Data supplied
-- ===== src/Utils/Names.antt =====
-- co2_preprocessor/src/utils.rs: the texts that `parse_ucn` accepts.
use co.Prelude.{
  subst, ==_iff, ℕ, zero, suc, ◌+◌, ◌-◌, ◌*◌, ◌/◌, ◌%◌, ◌^◌, ◌<◌, ◌≤◌, ◌≡◌, refl, ap, sym, ◌∙◌, ◌↔◌,
  inl, inr, none, some, [], ◌∷◌, ◌++◌, Bytes, ◌==◌, within, Option-cases, Bool-cases, arith,
}
use co.Utils.Escapes.{
  IsScalar, sized-eq-some, short_name, long_name, no_kind, no_name, absurd_none, ucn_value_step,
  ucn_value_fail, sized_scalar,
}
use co.Utils.Ucn.{hex_digit, ucn_value, sized, parse_ucn}

-- A hexadecimal digit and its value.
pub data IsHexDigit (c d : ℕ) : Type 0 where
  decimal : d < 10 → c ≡ b'0' + d → IsHexDigit c d
  lower : (e : ℕ) → e < 6 → c ≡ b'a' + e → d ≡ 10 + e → IsHexDigit c d
  upper : (e : ℕ) → e < 6 → c ≡ b'A' + e → d ≡ 10 + e → IsHexDigit c d

-- `HexReads before n s v`: the text `s` is `n` digits, and behind digits that read `before` it makes
-- them read `v`.
pub data HexReads : ℕ → ℕ → Bytes → ℕ → Type 0 where
  nil : {before : ℕ} → HexReads before 0 [] before
  digit :
      {before c d n v : ℕ} {s : Bytes}
      → IsHexDigit c d
      → HexReads (before * 16 + d) n s v
      → HexReads before (suc n) (c ∷ s) v

-- A universal character name at the beginning of `s`, its character and its length.
pub data IsName (s : Bytes) (ch n : ℕ) : Type 0 where
  short :
      (digits rest : Bytes)
      → s ≡ b'\\' ∷ b'u' ∷ (digits ++ rest)
      → HexReads 0 4 digits ch
      → IsScalar ch
      → n ≡ 6
      → IsName s ch n
  long :
      (digits rest : Bytes)
      → s ≡ b'\\' ∷ b'U' ∷ (digits ++ rest)
      → HexReads 0 8 digits ch
      → IsScalar ch
      → n ≡ 10
      → IsName s ch n

hex_digit-IsHexDigit : (c d : ℕ) → hex_digit c ≡ some d → IsHexDigit c d
unfolding hex_digit
hex_digit-IsHexDigit c d h = elim (Bool-cases (within b'0' b'9' c)) [
  | inl e ↦ decimal (ground arith) (ground arith)
  | inr e ↦ elim (Bool-cases (within b'a' b'f' c)) [
    | inl f ↦ lower (c - b'a') (ground arith) (ground arith) (ground arith)
    | inr f ↦ elim (Bool-cases (within b'A' b'F' c)) [
      | inl g ↦ upper (c - b'A') (ground arith) (ground arith) (ground arith)
      | inr g ↦ ground arith
    ]
  ]
]

IsHexDigit-hex_digit : (c d : ℕ) → IsHexDigit c d → (hex_digit c ≡ some d) × (d < 16)
unfolding hex_digit
IsHexDigit-hex_digit c d (decimal h e) = ground arith
IsHexDigit-hex_digit c d (lower f h e k) = ground arith
IsHexDigit-hex_digit c d (upper f h e k) = ground arith

-- An accumulator below this is not wrapped by `n` more digits.
abbrev room : ℕ → ℕ
room zero = 2 ^ 32
room (suc n) = room n / 16

room_le : (n : ℕ) → room n ≤ 2 ^ 32
room_le zero = omega arith
room_le (suc n) = omega (arith, room_le n)

-- One more digit neither wraps nor leaves the room of the others.
one_digit :
    (n acc d : ℕ)
    → acc < room (suc n)
    → d < 16
    → ((acc * 16 + d) % 2 ^ 32 ≡ acc * 16 + d) × (acc * 16 + d < room n)
one_digit n acc d h k =
    let fits : acc * 16 + d < room n = omega arith in (omega (arith, room_le n, fits), fits)

ucn_value_digit :
    (n acc c d : ℕ) (s : Bytes)
    → acc < room (suc n)
    → IsHexDigit c d
    → (ucn_value (suc n) acc (c ∷ s) ≡ ucn_value n (acc * 16 + d) s) × (acc * 16 + d < room n)
ucn_value_digit n acc c d s h k =
    let (value, below) = IsHexDigit-hex_digit c d k in
    let (exact, fits) = one_digit n acc d h below in
    (ucn_value_step n acc c d s value ∙ ap (λ v. ucn_value n v s) exact, fits)

HexReads-ucn_value :
    {acc n v : ℕ} {digits : Bytes} (rest : Bytes)
    → HexReads acc n digits v
    → acc < room n
    → ucn_value n acc (digits ++ rest) ≡ some v
HexReads-ucn_value rest nil h = unfold ucn_value in refl
HexReads-ucn_value rest (digit {before} {c} {d} {n} {s = s} k more) h =
    let (step, fits) = ucn_value_digit n before c d (s ++ rest) h k in
    step ∙ HexReads-ucn_value rest more fits

-- The digits in front of `s` that read `v`.
abbrev Reads : ℕ → ℕ → Bytes → ℕ → Type 0
Reads acc n s v = (digits rest : Bytes) × (s ≡ digits ++ rest) × HexReads acc n digits v

ucn_value-none : (n acc : ℕ) → ucn_value (suc n) acc [] ≡ none
unfolding ucn_value
ucn_value-none n acc = refl

ucn_value_end : (acc v : ℕ) (s : Bytes) → ucn_value zero acc s ≡ some v → acc ≡ v
unfolding ucn_value
ucn_value_end acc v s e = cc

ucn_value-Reads :
    (n acc : ℕ) (s : Bytes) (v : ℕ) → acc < room n → ucn_value n acc s ≡ some v → Reads acc n s v
ucn_value-Reads zero acc s v h e =
    ([], s, refl, subst (HexReads acc zero []) (ucn_value_end acc v s e) nil)
ucn_value-Reads (suc n) acc [] v h e = absurd_none (sym (ucn_value-none n acc) ∙ e)
ucn_value-Reads (suc n) acc (c ∷ s) v h e = elim (Option-cases (hex_digit c)) [
  | inl none_c ↦ absurd_none (sym (ucn_value_fail n acc c s none_c) ∙ e)
  | inr (d, some_c) ↦
      let k = hex_digit-IsHexDigit c d some_c in
      let (step, fits) = ucn_value_digit n acc c d s h k in
      let (digits, rest, split, more) = ucn_value-Reads n (acc * 16 + d) s v fits (sym step ∙ e) in
      (c ∷ digits, rest, ap (◌∷◌ c) split, digit k more)
]

short-IsName :
    (k : ℕ) (s : Bytes) (ch n : ℕ)
    → k ≡ b'u'
    → sized 6 (ucn_value 4 0 s) ≡ some (ch, n)
    → IsName (b'\\' ∷ k ∷ s) ch n
short-IsName k s ch n u h =
    let (value, size, scalar) = sized-eq-some 6 (ucn_value 4 0 s) ch n h in
    let (digits, rest, split, reads) = ucn_value-Reads 4 0 s ch (omega arith) value in
    short digits rest (ap (◌∷◌ b'\\') (rw u (ap (◌∷◌ b'u') split))) reads scalar size

long-IsName :
    (k : ℕ) (s : Bytes) (ch n : ℕ)
    → k ≡ b'U'
    → sized 10 (ucn_value 8 0 s) ≡ some (ch, n)
    → IsName (b'\\' ∷ k ∷ s) ch n
long-IsName k s ch n u h =
    let (value, size, scalar) = sized-eq-some 10 (ucn_value 8 0 s) ch n h in
    let (digits, rest, split, reads) = ucn_value-Reads 8 0 s ch (omega arith) value in
    long digits rest (ap (◌∷◌ b'\\') (rw u (ap (◌∷◌ b'U') split))) reads scalar size

kind-IsName :
    (b k : ℕ) (s : Bytes) (ch n : ℕ)
    → parse_ucn (b ∷ k ∷ s) ≡ some (ch, n)
    → IsName (b ∷ k ∷ s) ch n
kind-IsName b k s ch n h = elim (Bool-cases (b == b'\\')) [
  | inl e ↦
      subst (λ a. IsName (a ∷ k ∷ s) ch n) (sym ((==_iff b b'\\').0 e))
        (elim (Bool-cases (k == b'u')) [
          | inl u ↦ short-IsName k s ch n ((==_iff k b'u').0 u) (short_name b k s e u ∙ h)
          | inr u ↦ elim (Bool-cases (k == b'U')) [
            | inl w ↦ long-IsName k s ch n ((==_iff k b'U').0 w) (long_name b k s e u w ∙ h)
            | inr w ↦ absurd_none (sym (no_kind b k s e u w) ∙ h)
          ]
        ])
  | inr e ↦ absurd_none (sym (no_name b k s e) ∙ h)
]

name_parses : (s : Bytes) (ch n : ℕ) → IsName s ch n → parse_ucn s ≡ some (ch, n)
name_parses s ch n (short digits rest split reads scalar size) =
    rw (split, size)
      (sym (short_name b'\\' b'u' (digits ++ rest) refl refl)
        ∙ ap (sized 6) (HexReads-ucn_value rest reads (omega arith))
        ∙ sized_scalar 6 ch scalar)
name_parses s ch n (long digits rest split reads scalar size) =
    rw (split, size)
      (sym (long_name b'\\' b'U' (digits ++ rest) refl refl refl)
        ∙ ap (sized 10) (HexReads-ucn_value rest reads (omega arith))
        ∙ sized_scalar 10 ch scalar)

parsed-IsName : (s : Bytes) (ch n : ℕ) → parse_ucn s ≡ some (ch, n) → IsName s ch n
unfolding parse_ucn
parsed-IsName [] ch n h = absurd_none h
parsed-IsName (b ∷ []) ch n h = absurd_none h
parsed-IsName (b ∷ k ∷ s) ch n h = kind-IsName b k s ch n h

-- `parse_ucn` finds a character and a length just where the text starts with `\u` and four
-- hexadecimal digits, with the length 6, or `\U` and eight, with the length 10, and the digits read
-- the code of the character, which is a Unicode scalar value.
pub parse_ucn-IsName : (s : Bytes) (ch n : ℕ) → (parse_ucn s ≡ some (ch, n)) ↔ IsName s ch n
parse_ucn-IsName s ch n = (parsed-IsName s ch n, name_parses s ch n)

-- A name is never empty.
pub parse_ucn_pos : (s : Bytes) (ch n : ℕ) → parse_ucn s ≡ some (ch, n) → 0 < n
parse_ucn_pos s ch n h = positive (parsed-IsName s ch n h)
  where
    positive : IsName s ch n → 0 < n
    positive (short digits rest split reads scalar size) = omega arith
    positive (long digits rest split reads scalar size) = omega arith
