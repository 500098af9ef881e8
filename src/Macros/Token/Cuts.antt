-- ===== src/Macros/Token/Cuts.antt =====
-- What each branch of the macro body tokenizer takes off its text.
use mathlib.Core.Bool.{false≢true}
use co.Prelude.{
  none-ne-some, ℕ, zero, suc, ◌<◌, ◌≤◌, ◌≡◌, refl, ap, sym, Bool, true, ◌&&◌, List, [], ◌∷◌, ◌++◌,
  Bytes, codes, span, span-append, take, drop, take-append-drop, head_is, length, length-drop, ltb,
  ◌==◌, if◌then◌else◌, if_both, arith, Option, none, some, subst, Bool-cases, inl, inr,
}
use co.Prelude.Outcome.{Outcome, ok, ◌>>=◌, Settles, settled, crashed}
use co.Utils.Classes.{is_digit, is_whitespace}
use co.Utils.Ident.{first_char, decode_utf8_char}
use co.Utils.Text.{is_utf8}
use co.Macros.Token.{
  MacroBodyToken, Cut, prepend_cut, quoted, quoted_token, is_number_byte, is_other_byte,
  plain_token, token_text,
}

-- The text of the tokens, one after the other.
unfoldable pub tokens_text : List MacroBodyToken → Outcome Bytes
unfolding token_text
tokens_text [] = ok []
tokens_text (t ∷ ts) = token_text t >>= λ x. tokens_text ts >>= λ more. ok (x ++ more)

pub tokens_text-nil : tokens_text [] ≡ ok []
unfolding tokens_text
tokens_text-nil = refl

pub tokens_text-cons :
    (t : MacroBodyToken) (ts : List MacroBodyToken) (x y : Bytes)
    → token_text t ≡ ok x
    → tokens_text ts ≡ ok y
    → tokens_text (t ∷ ts) ≡ ok (x ++ y)
tokens_text-cons t ts x y h k = unfold tokens_text in rw (h, k)

-- A token with a text of its own, and the text behind it, make up `s`.
abbrev pub TakesFrom : Bytes → MacroBodyToken × Bytes → Type 0
TakesFrom s p = (x : Bytes) × (token_text p.0 ≡ ok x) × (1 ≤ length x) × (x ++ p.1 ≡ s)

abbrev pub CutOf : Bytes → Option Cut → Type 0
CutOf s none = Unit {0}
CutOf s (some (text, rest)) = text ++ rest ≡ s

pub prepend_cut-CutOf :
    (c : ℕ) (s : Bytes) (o : Option Cut) → CutOf s o → CutOf (c ∷ s) (prepend_cut c o)
prepend_cut-CutOf c s none h = tt
prepend_cut-CutOf c s (some (text, rest)) h = ap (◌∷◌ c) h

pub quoted_short :
    (q c : ℕ)
    → quoted q (c ∷ [])
      ≡ (if c == q then some (c ∷ [], []) else if c == b'\\' then none else some (c ∷ [], []))
unfolding quoted
quoted_short q c = refl

pub quoted_step :
    (q c d : ℕ) (r : Bytes)
    → quoted q (c ∷ d ∷ r) ≡ (
        if c == q
        then some (c ∷ [], d ∷ r)
        else if c == b'\\'
        then prepend_cut c (prepend_cut d (quoted q r))
        else prepend_cut c (quoted q (d ∷ r)))
unfolding quoted
quoted_step q c d r = ground arith

pub quoted-CutOf : (q : ℕ) (s : Bytes) → CutOf s (quoted q s)
quoted-CutOf q [] = unfold quoted in refl
quoted-CutOf q (c ∷ []) =
    let P = CutOf (c ∷ []) in
    subst P (sym (quoted_short q c))
      (if_both P (c == q) (λ _. refl) λ _. if_both P (c == b'\\') (λ _. tt) (λ _. refl))
quoted-CutOf q (c ∷ d ∷ r) =
    let P = CutOf (c ∷ d ∷ r) in
    let escaped = prepend_cut-CutOf c _ _ (prepend_cut-CutOf d r (quoted q r) (quoted-CutOf q r)) in
    let plain = prepend_cut-CutOf c (d ∷ r) (quoted q (d ∷ r)) (quoted-CutOf q (d ∷ r)) in
    subst P (sym (quoted_step q c d r))
      (if_both P (c == q) (λ _. refl) λ _. if_both P (c == b'\\') (λ _. escaped) (λ _. plain))

pub quoted_token-TakesFrom :
    (kind : Bytes → MacroBodyToken) (b : ℕ) (r : Bytes) (o : Option Cut)
    → ((s : Bytes) → token_text (kind s) ≡ ok s)
    → CutOf r o
    → Settles (TakesFrom (b ∷ r)) (quoted_token kind b o)
unfolding quoted_token
quoted_token-TakesFrom kind b r none t h = crashed
quoted_token-TakesFrom kind b r (some (text, rest)) t h =
    settled (b ∷ text, t (b ∷ text), omega arith, ap (◌∷◌ b) h)

pub drop-length_le : (n : ℕ) (s : Bytes) → length (drop n s) ≤ length s
drop-length_le n s = omega (arith, length-drop {A = ℕ} n s)

pub take_pos : (n : ℕ) (c : ℕ) (s : Bytes) → 0 < n → 1 ≤ length (take n (c ∷ s))
take_pos zero c s h = absurd (omega arith)
take_pos (suc n) c s h = omega arith

abbrev pub char_len : Bytes → ℕ
char_len s = elim (first_char s) [ none ↦ 1 | some (ch, n) ↦ n ]

pub char_len_pos : (s : Bytes) → 0 < char_len s
unfolding first_char
char_len_pos [] = omega arith
char_len_pos (a ∷ []) = omega arith
char_len_pos (a ∷ b ∷ []) = ground arith
char_len_pos (a ∷ b ∷ c ∷ []) = ground arith
char_len_pos (a ∷ b ∷ c ∷ d ∷ s) = ground arith

-- A run of one class behind the byte that starts it.
pub run-append : (p : ℕ → Bool) (b : ℕ) (r : Bytes) → (b ∷ (span p r).0) ++ (span p r).1 ≡ b ∷ r
run-append p b r = ap (◌∷◌ b) (span-append p r)

pub second_hash :
    (b : ℕ) (r : Bytes)
    → (b == b'#' && head_is (λ c. c == b'#') r) ≡ true
    → codes "##" ++ drop 1 r ≡ b ∷ r
second_hash b [] h = absurd (false≢true (ground arith))
second_hash b (c ∷ r) h = ground arith

pub byte_is : (b k : ℕ) (r : Bytes) → (b == k) ≡ true → k ∷ r ≡ b ∷ r
byte_is b k r h = ground arith

pub plain_token-TakesFrom : (b : ℕ) (r : Bytes) → TakesFrom (b ∷ r) (plain_token b r)
unfolding plain_token token_text
plain_token-TakesFrom b r =
    let P = TakesFrom (b ∷ r) in
    let n = char_len (b ∷ r) in
    if_both P (b == b'#' && head_is (λ c. c == b'#') r)
      (λ h. (codes "##", refl, omega arith, second_hash b r h))
      λ _.
        if_both P (b == b'#') (λ h. (codes "#", refl, omega arith, byte_is b b'#' r h))
          λ _.
            if_both P (b == b'(') (λ h. (codes "(", refl, omega arith, byte_is b b'(' r h))
              λ _.
                if_both P (b == b')') (λ h. (codes ")", refl, omega arith, byte_is b b')' r h))
                  λ _.
                    if_both P (b == b',') (λ h. (codes ",", refl, omega arith, byte_is b b',' r h))
                      λ _.
                        if_both P (is_digit b)
                          (λ h. (_, refl, omega arith, run-append is_number_byte b r))
                          λ _.
                            if_both P (ltb b 0x80)
                              (λ h. (
                                _,
                                refl,
                                omega arith,
                                run-append (is_other_byte (is_whitespace b)) b r,
                              ))
                              (λ h. (
                                take n (b ∷ r),
                                refl,
                                take_pos n b r (char_len_pos (b ∷ r)),
                                take-append-drop n (b ∷ r),
                              ))

pub first_char_pos : (s : Bytes) (ch n : ℕ) → first_char s ≡ some (ch, n) → 0 < n
unfolding first_char
first_char_pos [] ch n h = cc
first_char_pos (a ∷ []) ch n h = ground arith
first_char_pos (a ∷ b ∷ []) ch n h = ground arith
first_char_pos (a ∷ b ∷ c ∷ []) ch n h = ground arith
first_char_pos (a ∷ b ∷ c ∷ d ∷ s) ch n h = ground arith

pub decode_first :
    (s : Bytes) (ch n : ℕ) → decode_utf8_char s ≡ some (ch, n) → first_char s ≡ some (ch, n)
unfolding decode_utf8_char
decode_first s ch n h = elim (Bool-cases (is_utf8 s)) [
  | inl e ↦ rw e at h
  | inr e ↦ absurd (none-ne-some (rw e at h))
]

pub decode_pos : (s : Bytes) (ch n : ℕ) → decode_utf8_char s ≡ some (ch, n) → 0 < n
decode_pos s ch n h = first_char_pos s ch n (decode_first s ch n h)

Task statement
Throughout the material above, find every line holding "Outcome" and copy it.

Answer below
use co.Prelude.Outcome.{Outcome, ok, ◌>>=◌, Settles, settled, crashed}
unfoldable pub tokens_text : List MacroBodyToken → Outcome Bytes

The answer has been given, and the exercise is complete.